> Task instructions
In the records below, begin at the line that has "arrives (packet 2)" and stop after the line that has "(omega arith) tt refl refl refl"; quote those lines verbatim and nothing more.

> Dataset extract
--- START ---
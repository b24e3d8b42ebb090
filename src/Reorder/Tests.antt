-- ===== src/Reorder/Tests.antt =====
-- Concrete histories of the reordering buffer: core/reorder/buffer.go.
use bondify.Common.{ℕ, ◌<◌, ◌≤◌, ◌≡◌, refl, true, false, List, [], ◌∷◌, arith, length}
use bondify.Common.Int.{pos}
use bondify.Reorder.Heap.{Packet, key}
use bondify.Reorder.Heap.Array.{count}
use bondify.Reorder.Heap
use bondify.Common.Assoc.{contains}
use bondify.Reorder.{
  new_from, push, on_deadline, clamp, enqueue, drain_locked, drain_loop, relieve,
  rearm_timer_locked,
}
use bondify.Reorder.Invariant.{Good, new_from-Good, push-Good, on_deadline-Good}
use bondify.Reorder.Run.{Event, arrives, expires, takes, step, run}
use bondify.Reorder.Run.Order.{Ascending, ordered, fresh, delivered-Ascending}
use bondify.Reorder.Run.Duplicates.{duplicate_ignored}
use bondify.Reorder.Run.Progress.{waits_for, head_is_released}

abbrev packet : ℕ → Packet
packet g = record { gsn = g; payload = 7 ∷ 8 ∷ []; push = false }

-- 2 and 1 overtake 0, which comes late; 5 waits for its deadline.
abbrev history : List Event
history =
    arrives (packet 2)
    ∷ arrives (packet 1)
    ∷ arrives (packet 0)
    ∷ takes
    ∷ takes
    ∷ arrives (packet 5)
    ∷ expires
    ∷ takes
    ∷ takes
    ∷ arrives (packet 3)
    ∷ []

delivered-Ascending_example :
    Ascending (ordered (run (fresh 0 (pos 50_000_000) (pos 1_000_000)) history).delivered)
delivered-Ascending_example =
    delivered-Ascending 0 (pos 50_000_000) (pos 1_000_000) history
      (omega arith, (omega arith, (omega arith, (omega arith, (omega arith, tt)))))

-- 5 and 4 wait behind the missing 0.
abbrev stuck : List Event
stuck = arrives (packet 5) ∷ arrives (packet 4) ∷ []

two_wait : 0 < length (run (fresh 0 (pos 50_000_000) (pos 1_000_000)) stuck).buffer.h
unfolding run step push new_from clamp enqueue drain_locked drain_loop relieve rearm_timer_locked
    contains Heap.push Heap.up Heap.swap Heap.less
two_wait = omega arith

head_is_released_example :
    let b = (run (fresh 0 (pos 50_000_000) (pos 1_000_000)) stuck).buffer in
    (waits_for b.timer (key b.h 0) ≡ true)
    × ((g : ℕ) → 0 < count g b.h → key b.h 0 ≤ g)
    × (key b.h 0
        < (step
            (run (fresh 0 (pos 50_000_000) (pos 1_000_000)) stuck)
            expires).buffer.next_expected)
head_is_released_example =
    head_is_released 0 (pos 50_000_000) (pos 1_000_000) stuck (omega arith, (omega arith, tt))
      two_wait

duplicate_ignored_example :
    let s =
      run
        (step (run (fresh 0 (pos 50_000_000) (pos 1_000_000)) []) (arrives (packet 3)))
        (expires ∷ []) in
    step s (arrives (packet 3)) ≡ s
duplicate_ignored_example =
    duplicate_ignored 0 (pos 50_000_000) (pos 1_000_000) [] (expires ∷ []) (packet 3) (packet 3) tt
      (omega arith) tt refl refl refl

push-Good_example : Good (push (new_from 0 (pos 50_000_000) (pos 1_000_000)) (packet 4))
push-Good_example =
    push-Good (new_from 0 (pos 50_000_000) (pos 1_000_000)) (packet 4)
      (new_from-Good 0 (pos 50_000_000) (pos 1_000_000)) (omega arith)

on_deadline-Good_example :
    Good (on_deadline (push (new_from 0 (pos 50_000_000) (pos 1_000_000)) (packet 4)) 4)
on_deadline-Good_example =
    on_deadline-Good (push (new_from 0 (pos 50_000_000) (pos 1_000_000)) (packet 4)) 4 (
      push-Good (new_from 0 (pos 50_000_000) (pos 1_000_000)) (packet 4)
        (new_from-Good 0 (pos 50_000_000) (pos 1_000_000)) (omega arith))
--- END ---
> Output
    arrives (packet 2)
    ∷ arrives (packet 1)
    ∷ arrives (packet 0)
    ∷ takes
    ∷ takes
    ∷ arrives (packet 5)
    ∷ expires
    ∷ takes
    ∷ takes
    ∷ arrives (packet 3)
    ∷ []

delivered-Ascending_example :
    Ascending (ordered (run (fresh 0 (pos 50_000_000) (pos 1_000_000)) history).delivered)
delivered-Ascending_example =
    delivered-Ascending 0 (pos 50_000_000) (pos 1_000_000) history
      (omega arith, (omega arith, (omega arith, (omega arith, (omega arith, tt)))))

-- 5 and 4 wait behind the missing 0.
abbrev stuck : List Event
stuck = arrives (packet 5) ∷ arrives (packet 4) ∷ []

two_wait : 0 < length (run (fresh 0 (pos 50_000_000) (pos 1_000_000)) stuck).buffer.h
unfolding run step push new_from clamp enqueue drain_locked drain_loop relieve rearm_timer_locked
    contains Heap.push Heap.up Heap.swap Heap.less
two_wait = omega arith

head_is_released_example :
    let b = (run (fresh 0 (pos 50_000_000) (pos 1_000_000)) stuck).buffer in
    (waits_for b.timer (key b.h 0) ≡ true)
    × ((g : ℕ) → 0 < count g b.h → key b.h 0 ≤ g)
    × (key b.h 0
        < (step
            (run (fresh 0 (pos 50_000_000) (pos 1_000_000)) stuck)
            expires).buffer.next_expected)
head_is_released_example =
    head_is_released 0 (pos 50_000_000) (pos 1_000_000) stuck (omega arith, (omega arith, tt))
      two_wait

duplicate_ignored_example :
    let s =
      run
        (step (run (fresh 0 (pos 50_000_000) (pos 1_000_000)) []) (arrives (packet 3)))
        (expires ∷ []) in
    step s (arrives (packet 3)) ≡ s
duplicate_ignored_example =
    duplicate_ignored 0 (pos 50_000_000) (pos 1_000_000) [] (expires ∷ []) (packet 3) (packet 3) tt
      (omega arith) tt refl refl refl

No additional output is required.